[Collection entries]

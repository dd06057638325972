-- ===== src/Runtime/Flows/Monitor/Examples.antt =====
-- A poll of an adapter that fails, while another thread stops the robot.
use ros2_agent_workflow.Common.{◌≡◌, ◌≢◌, refl, ◌⊎◌, true, none}
use ros2_agent_workflow.Safety.{running}
use ros2_agent_workflow.Gateway.{init, transition}
use ros2_agent_workflow.Gateway.Methods.{record_stop, estop_commit, halt}
use ros2_agent_workflow.Gateway.Actions
use ros2_agent_workflow.Runtime.Errors.{
  CallResult, runtime_raised, unsafe_state, audit_integrity_compromised,
}
use ros2_agent_workflow.Runtime.Ledger.{empty}
use ros2_agent_workflow.Runtime.Ledger.Actions.{run, step}
use ros2_agent_workflow.Runtime.Flows.{
  state, interfere, gateway_estop, stop_robot, commit_estop, locked, attempted_by,
}
use ros2_agent_workflow.Runtime.Flows.Append.{
  latch_adapter_fault, append_attempt, append_option, observe_and_stop, stop_monitor,
}
use ros2_agent_workflow.Runtime.Flows.Examples.{stopping, stopping-Passive, moving_on, idle_status}
use ros2_agent_workflow.Runtime.Flows.Monitor.{
  PollAnswers, poll_running, poll_body, handled, poll_handler, latch_and_raise,
}
use ros2_agent_workflow.Runtime.Flows.Monitor.Halts.{poll_running_halts}

abbrev failing : PollAnswers
failing = record {
  status = CallResult.raised;
  frozen = CallResult.raised;
  permit = none;
  started = CallResult.returned idle_status;
  permit_is_current = true;
  cleanup_starts = true;
}

poll_running_halts_example :
    ((poll_running stopping failing moving_on).0.system.gateway.state ≢ running)
    ⊎ (runtime_raised unsafe_state ≡ runtime_raised audit_integrity_compromised)
unfolding poll_running poll_body handled poll_handler latch_and_raise latch_adapter_fault
    append_attempt append_option observe_and_stop stop_monitor state interfere gateway_estop
    stop_robot commit_estop locked attempted_by run step Actions.step record_stop estop_commit halt
    transition init empty
poll_running_halts_example =
    poll_running_halts stopping failing moving_on stopping-Passive refl refl
      (runtime_raised unsafe_state) refl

:: TASK ::
Every line in the records that holds the word "Flows" should be copied into the answer.

:: RESULT FOR THIS TASK ::
-- ===== src/Runtime/Flows/Monitor/Examples.antt =====
use ros2_agent_workflow.Runtime.Flows.{
use ros2_agent_workflow.Runtime.Flows.Append.{
use ros2_agent_workflow.Runtime.Flows.Examples.{stopping, stopping-Passive, moving_on, idle_status}
use ros2_agent_workflow.Runtime.Flows.Monitor.{
use ros2_agent_workflow.Runtime.Flows.Monitor.Halts.{poll_running_halts}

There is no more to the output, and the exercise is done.